[Saved entries]

───

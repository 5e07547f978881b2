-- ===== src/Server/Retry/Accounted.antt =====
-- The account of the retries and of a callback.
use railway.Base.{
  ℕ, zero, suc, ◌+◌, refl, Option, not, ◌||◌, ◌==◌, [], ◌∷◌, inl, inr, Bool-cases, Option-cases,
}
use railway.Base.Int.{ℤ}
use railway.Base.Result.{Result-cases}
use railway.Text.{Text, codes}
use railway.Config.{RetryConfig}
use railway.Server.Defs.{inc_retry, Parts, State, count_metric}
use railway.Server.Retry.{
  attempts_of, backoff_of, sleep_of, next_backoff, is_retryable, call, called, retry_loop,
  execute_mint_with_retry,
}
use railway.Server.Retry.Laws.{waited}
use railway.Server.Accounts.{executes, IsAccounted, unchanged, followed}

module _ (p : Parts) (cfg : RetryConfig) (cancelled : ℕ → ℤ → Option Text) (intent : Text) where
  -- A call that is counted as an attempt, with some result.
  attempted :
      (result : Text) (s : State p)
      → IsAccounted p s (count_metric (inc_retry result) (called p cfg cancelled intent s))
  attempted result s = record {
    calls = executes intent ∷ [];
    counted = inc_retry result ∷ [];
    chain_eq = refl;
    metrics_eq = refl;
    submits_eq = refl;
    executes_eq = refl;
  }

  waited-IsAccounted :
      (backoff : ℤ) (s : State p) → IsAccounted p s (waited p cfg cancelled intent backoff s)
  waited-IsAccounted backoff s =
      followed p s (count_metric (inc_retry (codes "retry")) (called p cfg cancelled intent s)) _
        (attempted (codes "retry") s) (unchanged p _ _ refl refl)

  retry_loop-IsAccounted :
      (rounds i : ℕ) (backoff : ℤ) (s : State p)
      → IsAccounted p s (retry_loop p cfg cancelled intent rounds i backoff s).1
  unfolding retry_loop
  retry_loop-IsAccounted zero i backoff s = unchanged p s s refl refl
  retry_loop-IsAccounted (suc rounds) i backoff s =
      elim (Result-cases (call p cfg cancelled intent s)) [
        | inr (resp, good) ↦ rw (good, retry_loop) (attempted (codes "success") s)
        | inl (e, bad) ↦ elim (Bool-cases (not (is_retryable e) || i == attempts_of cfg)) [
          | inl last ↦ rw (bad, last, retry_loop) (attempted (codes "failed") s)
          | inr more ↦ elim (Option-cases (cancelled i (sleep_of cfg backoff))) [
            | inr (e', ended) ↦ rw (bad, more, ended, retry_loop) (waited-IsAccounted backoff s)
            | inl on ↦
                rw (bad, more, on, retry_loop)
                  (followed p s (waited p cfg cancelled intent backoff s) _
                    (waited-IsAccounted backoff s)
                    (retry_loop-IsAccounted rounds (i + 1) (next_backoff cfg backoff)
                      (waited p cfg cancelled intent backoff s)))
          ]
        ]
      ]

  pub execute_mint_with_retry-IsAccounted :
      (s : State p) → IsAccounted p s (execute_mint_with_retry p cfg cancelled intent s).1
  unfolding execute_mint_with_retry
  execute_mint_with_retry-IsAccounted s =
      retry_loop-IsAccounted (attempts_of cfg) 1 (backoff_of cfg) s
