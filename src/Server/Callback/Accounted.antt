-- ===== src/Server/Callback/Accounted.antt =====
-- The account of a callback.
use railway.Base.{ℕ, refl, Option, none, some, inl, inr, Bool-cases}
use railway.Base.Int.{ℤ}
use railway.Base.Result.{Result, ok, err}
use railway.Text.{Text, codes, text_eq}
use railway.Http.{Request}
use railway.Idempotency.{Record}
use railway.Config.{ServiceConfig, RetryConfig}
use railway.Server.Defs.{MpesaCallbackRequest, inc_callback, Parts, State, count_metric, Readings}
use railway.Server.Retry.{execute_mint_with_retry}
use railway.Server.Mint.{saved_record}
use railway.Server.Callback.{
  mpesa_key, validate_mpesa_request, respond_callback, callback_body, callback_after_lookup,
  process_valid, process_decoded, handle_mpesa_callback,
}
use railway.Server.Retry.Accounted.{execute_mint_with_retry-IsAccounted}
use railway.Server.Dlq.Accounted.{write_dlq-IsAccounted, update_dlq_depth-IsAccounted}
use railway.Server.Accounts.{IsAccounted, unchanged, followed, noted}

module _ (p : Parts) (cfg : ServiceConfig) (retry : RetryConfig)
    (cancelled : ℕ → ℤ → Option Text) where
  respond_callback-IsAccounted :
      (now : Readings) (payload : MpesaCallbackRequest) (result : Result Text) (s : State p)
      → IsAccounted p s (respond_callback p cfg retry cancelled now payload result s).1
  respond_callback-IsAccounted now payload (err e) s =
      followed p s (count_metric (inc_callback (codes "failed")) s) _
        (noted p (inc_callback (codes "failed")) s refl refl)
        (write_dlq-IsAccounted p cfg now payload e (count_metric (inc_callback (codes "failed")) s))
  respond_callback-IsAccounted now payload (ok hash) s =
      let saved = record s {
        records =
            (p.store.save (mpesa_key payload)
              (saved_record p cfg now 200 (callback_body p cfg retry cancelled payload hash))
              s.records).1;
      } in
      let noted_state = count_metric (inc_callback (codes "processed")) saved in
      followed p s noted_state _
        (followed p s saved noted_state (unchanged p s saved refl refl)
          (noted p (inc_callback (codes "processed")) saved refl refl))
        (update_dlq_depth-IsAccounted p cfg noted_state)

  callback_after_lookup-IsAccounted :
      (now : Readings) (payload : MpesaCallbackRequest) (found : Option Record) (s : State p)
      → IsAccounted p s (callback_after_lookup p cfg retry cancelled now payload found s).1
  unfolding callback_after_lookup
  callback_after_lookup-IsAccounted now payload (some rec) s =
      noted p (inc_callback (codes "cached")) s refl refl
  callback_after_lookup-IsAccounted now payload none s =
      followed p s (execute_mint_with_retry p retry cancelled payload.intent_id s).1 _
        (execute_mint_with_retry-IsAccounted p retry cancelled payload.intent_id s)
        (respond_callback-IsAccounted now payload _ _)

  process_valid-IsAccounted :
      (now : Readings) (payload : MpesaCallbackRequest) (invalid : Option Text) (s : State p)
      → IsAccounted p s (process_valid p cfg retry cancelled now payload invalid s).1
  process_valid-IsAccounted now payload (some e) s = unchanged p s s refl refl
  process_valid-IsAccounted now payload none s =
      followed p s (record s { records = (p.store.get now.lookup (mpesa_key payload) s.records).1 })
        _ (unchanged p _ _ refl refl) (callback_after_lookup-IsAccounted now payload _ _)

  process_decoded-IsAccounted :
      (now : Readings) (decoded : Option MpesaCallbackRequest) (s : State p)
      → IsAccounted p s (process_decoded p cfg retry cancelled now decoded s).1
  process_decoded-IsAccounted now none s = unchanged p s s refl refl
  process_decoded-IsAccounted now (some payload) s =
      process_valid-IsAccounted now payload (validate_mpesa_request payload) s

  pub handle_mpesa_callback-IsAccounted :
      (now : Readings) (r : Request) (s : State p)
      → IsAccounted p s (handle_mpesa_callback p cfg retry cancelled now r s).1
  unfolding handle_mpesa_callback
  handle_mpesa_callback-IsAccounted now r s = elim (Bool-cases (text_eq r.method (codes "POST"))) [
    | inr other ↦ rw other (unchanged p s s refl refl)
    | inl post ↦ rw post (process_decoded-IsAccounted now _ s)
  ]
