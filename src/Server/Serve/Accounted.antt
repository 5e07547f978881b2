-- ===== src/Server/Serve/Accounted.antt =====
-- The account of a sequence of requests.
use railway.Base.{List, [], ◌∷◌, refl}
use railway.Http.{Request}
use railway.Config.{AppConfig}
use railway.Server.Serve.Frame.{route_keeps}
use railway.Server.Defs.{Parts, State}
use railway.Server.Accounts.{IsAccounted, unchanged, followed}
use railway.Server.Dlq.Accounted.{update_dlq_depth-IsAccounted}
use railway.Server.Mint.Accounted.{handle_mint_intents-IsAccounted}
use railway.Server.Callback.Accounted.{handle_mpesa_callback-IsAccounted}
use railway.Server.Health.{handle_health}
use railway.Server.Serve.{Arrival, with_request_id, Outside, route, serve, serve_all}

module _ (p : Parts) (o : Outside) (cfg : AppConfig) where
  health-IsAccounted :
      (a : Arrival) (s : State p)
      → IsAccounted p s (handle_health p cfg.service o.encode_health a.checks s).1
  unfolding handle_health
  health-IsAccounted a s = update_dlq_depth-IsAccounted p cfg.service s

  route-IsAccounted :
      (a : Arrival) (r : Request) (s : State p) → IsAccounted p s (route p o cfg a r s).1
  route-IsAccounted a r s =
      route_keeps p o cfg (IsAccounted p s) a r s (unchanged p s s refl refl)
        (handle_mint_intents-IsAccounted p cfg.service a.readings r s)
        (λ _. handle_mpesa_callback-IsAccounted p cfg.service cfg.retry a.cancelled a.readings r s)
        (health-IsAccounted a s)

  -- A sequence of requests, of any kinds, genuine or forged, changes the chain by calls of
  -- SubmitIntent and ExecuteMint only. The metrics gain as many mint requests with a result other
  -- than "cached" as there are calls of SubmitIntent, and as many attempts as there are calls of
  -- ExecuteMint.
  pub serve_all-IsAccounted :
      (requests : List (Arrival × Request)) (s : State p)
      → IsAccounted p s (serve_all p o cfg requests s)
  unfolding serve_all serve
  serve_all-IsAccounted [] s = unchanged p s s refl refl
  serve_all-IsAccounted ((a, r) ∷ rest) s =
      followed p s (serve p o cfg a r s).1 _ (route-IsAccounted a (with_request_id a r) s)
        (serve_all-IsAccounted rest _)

───

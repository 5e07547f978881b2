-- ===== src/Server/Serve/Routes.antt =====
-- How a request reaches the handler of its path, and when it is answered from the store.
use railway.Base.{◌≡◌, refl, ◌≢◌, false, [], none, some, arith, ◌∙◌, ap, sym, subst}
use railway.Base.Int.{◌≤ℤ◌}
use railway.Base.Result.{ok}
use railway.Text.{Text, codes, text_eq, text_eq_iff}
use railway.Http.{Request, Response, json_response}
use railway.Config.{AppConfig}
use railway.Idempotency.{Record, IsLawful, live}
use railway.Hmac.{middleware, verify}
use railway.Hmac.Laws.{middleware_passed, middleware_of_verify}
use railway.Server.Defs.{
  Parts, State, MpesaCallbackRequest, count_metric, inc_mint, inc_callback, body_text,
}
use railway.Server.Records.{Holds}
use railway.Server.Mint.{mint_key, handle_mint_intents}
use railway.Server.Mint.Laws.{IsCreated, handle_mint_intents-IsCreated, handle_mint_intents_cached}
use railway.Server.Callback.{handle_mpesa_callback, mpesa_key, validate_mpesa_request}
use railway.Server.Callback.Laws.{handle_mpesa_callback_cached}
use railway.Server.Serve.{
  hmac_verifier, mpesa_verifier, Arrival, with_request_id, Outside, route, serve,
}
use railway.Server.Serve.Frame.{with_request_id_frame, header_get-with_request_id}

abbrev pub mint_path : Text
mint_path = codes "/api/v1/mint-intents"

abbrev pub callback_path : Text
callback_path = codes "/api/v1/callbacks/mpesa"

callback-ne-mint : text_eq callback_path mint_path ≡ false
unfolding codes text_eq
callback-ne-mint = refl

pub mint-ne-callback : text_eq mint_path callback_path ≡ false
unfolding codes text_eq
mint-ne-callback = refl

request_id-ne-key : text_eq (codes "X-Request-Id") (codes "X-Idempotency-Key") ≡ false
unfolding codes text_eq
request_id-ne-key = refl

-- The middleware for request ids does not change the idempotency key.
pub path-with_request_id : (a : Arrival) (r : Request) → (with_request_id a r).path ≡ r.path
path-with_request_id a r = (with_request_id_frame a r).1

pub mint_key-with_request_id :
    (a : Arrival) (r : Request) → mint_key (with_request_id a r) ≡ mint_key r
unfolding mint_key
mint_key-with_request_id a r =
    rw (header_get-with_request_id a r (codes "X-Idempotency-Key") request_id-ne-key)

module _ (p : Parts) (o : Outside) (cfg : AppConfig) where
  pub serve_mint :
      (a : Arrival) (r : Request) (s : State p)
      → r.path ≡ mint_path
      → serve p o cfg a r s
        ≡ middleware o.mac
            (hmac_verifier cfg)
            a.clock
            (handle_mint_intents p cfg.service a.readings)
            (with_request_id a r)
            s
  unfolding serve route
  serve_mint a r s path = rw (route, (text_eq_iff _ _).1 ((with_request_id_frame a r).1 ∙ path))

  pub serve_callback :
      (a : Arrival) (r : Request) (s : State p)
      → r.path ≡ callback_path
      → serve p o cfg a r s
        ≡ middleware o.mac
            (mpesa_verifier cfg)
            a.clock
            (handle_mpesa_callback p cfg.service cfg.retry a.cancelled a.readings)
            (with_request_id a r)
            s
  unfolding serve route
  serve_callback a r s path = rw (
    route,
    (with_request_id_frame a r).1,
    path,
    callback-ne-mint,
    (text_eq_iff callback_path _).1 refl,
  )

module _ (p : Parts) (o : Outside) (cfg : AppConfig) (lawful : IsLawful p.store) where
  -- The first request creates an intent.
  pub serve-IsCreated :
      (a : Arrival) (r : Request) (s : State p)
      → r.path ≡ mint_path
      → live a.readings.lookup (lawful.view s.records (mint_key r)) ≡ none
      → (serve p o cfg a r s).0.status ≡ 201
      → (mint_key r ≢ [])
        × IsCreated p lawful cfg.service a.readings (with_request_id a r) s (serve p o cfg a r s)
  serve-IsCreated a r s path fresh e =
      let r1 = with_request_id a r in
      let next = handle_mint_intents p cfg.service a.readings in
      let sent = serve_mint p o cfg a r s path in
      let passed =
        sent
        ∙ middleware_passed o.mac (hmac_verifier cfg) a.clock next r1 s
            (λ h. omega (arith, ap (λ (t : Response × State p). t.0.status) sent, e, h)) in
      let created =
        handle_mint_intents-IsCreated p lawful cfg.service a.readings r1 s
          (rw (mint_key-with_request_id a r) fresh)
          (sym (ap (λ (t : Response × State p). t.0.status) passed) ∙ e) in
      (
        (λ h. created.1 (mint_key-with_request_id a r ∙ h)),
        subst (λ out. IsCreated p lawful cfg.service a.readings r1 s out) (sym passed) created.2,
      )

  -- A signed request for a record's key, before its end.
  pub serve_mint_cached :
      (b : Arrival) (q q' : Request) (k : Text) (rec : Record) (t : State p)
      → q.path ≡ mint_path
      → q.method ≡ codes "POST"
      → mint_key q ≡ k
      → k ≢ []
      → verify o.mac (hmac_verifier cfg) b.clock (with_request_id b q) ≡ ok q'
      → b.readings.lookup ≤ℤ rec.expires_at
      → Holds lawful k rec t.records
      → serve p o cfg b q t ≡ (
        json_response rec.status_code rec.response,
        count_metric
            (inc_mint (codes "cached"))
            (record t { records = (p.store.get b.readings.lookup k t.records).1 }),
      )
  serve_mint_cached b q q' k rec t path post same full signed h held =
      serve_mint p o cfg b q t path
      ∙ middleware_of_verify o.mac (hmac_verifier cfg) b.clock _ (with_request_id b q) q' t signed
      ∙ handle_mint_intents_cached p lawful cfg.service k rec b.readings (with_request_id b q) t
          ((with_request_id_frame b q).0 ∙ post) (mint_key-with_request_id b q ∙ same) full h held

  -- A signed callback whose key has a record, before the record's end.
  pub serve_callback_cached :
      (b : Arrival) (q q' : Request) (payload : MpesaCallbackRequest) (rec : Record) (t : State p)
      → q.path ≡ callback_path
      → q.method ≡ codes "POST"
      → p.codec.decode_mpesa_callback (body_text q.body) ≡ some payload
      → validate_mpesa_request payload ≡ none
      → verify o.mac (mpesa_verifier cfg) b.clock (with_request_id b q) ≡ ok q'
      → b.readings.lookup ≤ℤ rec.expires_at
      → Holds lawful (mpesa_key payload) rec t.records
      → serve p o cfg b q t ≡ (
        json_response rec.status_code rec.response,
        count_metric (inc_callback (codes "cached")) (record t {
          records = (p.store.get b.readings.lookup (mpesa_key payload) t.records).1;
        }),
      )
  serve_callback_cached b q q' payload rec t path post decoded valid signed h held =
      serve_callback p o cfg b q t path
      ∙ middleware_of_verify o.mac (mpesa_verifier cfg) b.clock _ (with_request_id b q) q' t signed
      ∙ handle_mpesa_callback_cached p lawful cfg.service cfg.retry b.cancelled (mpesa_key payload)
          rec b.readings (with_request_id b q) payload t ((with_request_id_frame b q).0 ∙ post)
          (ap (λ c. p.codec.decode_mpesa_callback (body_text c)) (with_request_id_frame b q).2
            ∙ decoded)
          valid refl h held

───

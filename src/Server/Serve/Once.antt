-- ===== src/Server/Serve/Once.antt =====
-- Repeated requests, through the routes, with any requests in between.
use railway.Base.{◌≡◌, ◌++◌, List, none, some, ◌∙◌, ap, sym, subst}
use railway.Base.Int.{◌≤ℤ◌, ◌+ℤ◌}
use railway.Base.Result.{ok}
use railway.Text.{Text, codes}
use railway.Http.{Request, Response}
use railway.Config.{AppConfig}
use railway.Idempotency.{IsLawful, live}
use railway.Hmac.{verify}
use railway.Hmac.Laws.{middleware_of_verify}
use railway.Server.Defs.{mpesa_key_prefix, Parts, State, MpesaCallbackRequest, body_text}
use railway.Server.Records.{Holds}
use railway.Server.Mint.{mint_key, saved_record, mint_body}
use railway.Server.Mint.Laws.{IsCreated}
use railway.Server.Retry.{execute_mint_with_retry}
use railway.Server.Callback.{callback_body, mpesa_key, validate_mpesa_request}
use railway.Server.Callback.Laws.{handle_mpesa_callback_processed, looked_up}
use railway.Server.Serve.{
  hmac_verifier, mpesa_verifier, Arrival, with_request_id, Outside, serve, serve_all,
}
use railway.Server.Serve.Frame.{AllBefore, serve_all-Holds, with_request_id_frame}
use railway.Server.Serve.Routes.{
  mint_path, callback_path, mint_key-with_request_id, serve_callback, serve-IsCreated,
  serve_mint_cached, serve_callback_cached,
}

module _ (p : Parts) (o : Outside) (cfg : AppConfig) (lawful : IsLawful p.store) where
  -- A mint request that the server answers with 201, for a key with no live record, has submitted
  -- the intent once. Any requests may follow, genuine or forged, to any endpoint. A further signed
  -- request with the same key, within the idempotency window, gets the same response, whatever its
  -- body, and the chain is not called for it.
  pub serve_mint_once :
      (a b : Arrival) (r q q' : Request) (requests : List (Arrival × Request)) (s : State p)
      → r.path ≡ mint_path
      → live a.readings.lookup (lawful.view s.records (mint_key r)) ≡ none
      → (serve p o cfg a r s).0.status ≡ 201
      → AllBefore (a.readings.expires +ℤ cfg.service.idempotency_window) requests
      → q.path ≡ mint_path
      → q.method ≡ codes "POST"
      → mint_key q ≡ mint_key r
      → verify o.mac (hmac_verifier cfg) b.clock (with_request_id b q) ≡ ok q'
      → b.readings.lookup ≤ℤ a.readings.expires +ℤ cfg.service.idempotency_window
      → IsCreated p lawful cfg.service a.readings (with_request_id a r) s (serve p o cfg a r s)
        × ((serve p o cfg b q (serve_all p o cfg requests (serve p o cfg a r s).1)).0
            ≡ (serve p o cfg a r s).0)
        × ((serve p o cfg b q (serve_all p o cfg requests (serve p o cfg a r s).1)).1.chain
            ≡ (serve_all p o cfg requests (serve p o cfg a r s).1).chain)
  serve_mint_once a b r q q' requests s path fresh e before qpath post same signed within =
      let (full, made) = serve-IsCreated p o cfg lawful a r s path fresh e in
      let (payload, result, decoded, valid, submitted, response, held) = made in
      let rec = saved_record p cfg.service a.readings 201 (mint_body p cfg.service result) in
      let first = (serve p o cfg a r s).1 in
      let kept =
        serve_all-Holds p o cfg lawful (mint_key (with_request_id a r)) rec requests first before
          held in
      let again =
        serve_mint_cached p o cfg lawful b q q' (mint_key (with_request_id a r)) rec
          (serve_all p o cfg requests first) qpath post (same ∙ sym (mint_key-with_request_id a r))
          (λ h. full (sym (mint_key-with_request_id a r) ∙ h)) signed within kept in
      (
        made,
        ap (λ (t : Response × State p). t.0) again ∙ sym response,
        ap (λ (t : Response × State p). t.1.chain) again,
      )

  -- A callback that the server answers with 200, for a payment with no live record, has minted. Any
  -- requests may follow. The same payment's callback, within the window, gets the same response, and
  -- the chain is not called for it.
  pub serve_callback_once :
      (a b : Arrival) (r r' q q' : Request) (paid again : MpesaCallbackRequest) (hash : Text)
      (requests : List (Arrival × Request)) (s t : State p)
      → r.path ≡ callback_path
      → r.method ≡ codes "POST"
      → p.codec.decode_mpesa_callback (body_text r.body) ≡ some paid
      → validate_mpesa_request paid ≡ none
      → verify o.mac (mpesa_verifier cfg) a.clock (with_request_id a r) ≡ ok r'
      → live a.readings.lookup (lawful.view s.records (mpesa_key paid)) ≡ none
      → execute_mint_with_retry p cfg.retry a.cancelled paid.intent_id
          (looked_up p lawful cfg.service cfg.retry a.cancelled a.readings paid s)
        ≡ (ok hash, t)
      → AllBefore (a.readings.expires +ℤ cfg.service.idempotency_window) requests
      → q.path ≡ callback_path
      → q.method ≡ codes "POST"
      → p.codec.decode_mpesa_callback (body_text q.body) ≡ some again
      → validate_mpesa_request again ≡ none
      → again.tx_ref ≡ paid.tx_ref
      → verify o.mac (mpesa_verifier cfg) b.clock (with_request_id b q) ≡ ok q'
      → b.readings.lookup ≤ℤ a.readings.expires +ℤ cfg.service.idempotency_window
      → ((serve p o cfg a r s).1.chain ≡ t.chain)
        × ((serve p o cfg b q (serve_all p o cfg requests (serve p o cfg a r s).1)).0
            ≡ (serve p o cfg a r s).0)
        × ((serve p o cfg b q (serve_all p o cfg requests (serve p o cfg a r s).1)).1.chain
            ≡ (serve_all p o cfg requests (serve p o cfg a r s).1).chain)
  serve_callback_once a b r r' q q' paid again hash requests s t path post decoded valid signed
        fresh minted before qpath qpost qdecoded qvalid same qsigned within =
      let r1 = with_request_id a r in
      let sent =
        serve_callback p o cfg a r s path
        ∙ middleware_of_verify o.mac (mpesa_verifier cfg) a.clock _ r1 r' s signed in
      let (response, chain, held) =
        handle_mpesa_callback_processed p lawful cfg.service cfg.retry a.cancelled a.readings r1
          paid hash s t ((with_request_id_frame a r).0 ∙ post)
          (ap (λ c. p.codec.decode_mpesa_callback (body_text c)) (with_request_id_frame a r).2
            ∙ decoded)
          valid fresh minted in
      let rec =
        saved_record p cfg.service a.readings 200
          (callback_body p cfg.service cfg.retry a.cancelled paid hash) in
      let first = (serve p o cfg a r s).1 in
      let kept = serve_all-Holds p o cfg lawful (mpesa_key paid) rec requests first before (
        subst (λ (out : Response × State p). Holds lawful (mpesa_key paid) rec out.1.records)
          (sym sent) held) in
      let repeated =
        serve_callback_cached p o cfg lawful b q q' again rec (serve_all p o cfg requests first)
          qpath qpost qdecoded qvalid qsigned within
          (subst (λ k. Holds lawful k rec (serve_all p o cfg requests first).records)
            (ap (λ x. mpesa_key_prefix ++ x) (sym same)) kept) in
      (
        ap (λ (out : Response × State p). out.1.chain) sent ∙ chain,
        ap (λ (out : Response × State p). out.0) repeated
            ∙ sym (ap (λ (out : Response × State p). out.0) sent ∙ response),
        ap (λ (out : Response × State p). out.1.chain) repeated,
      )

───

**Directions:** Starting with the line with "r.body) ≡ some paid" above and going on through the line with "let (response, chain, held)", transcribe every line exactly, both ends included, and add nothing.

**Answer to this problem:**
      → p.codec.decode_mpesa_callback (body_text r.body) ≡ some paid
      → validate_mpesa_request paid ≡ none
      → verify o.mac (mpesa_verifier cfg) a.clock (with_request_id a r) ≡ ok r'
      → live a.readings.lookup (lawful.view s.records (mpesa_key paid)) ≡ none
      → execute_mint_with_retry p cfg.retry a.cancelled paid.intent_id
          (looked_up p lawful cfg.service cfg.retry a.cancelled a.readings paid s)
        ≡ (ok hash, t)
      → AllBefore (a.readings.expires +ℤ cfg.service.idempotency_window) requests
      → q.path ≡ callback_path
      → q.method ≡ codes "POST"
      → p.codec.decode_mpesa_callback (body_text q.body) ≡ some again
      → validate_mpesa_request again ≡ none
      → again.tx_ref ≡ paid.tx_ref
      → verify o.mac (mpesa_verifier cfg) b.clock (with_request_id b q) ≡ ok q'
      → b.readings.lookup ≤ℤ a.readings.expires +ℤ cfg.service.idempotency_window
      → ((serve p o cfg a r s).1.chain ≡ t.chain)
        × ((serve p o cfg b q (serve_all p o cfg requests (serve p o cfg a r s).1)).0
            ≡ (serve p o cfg a r s).0)
        × ((serve p o cfg b q (serve_all p o cfg requests (serve p o cfg a r s).1)).1.chain
            ≡ (serve_all p o cfg requests (serve p o cfg a r s).1).chain)
  serve_callback_once a b r r' q q' paid again hash requests s t path post decoded valid signed
        fresh minted before qpath qpost qdecoded qvalid same qsigned within =
      let r1 = with_request_id a r in
      let sent =
        serve_callback p o cfg a r s path
        ∙ middleware_of_verify o.mac (mpesa_verifier cfg) a.clock _ r1 r' s signed in
      let (response, chain, held) =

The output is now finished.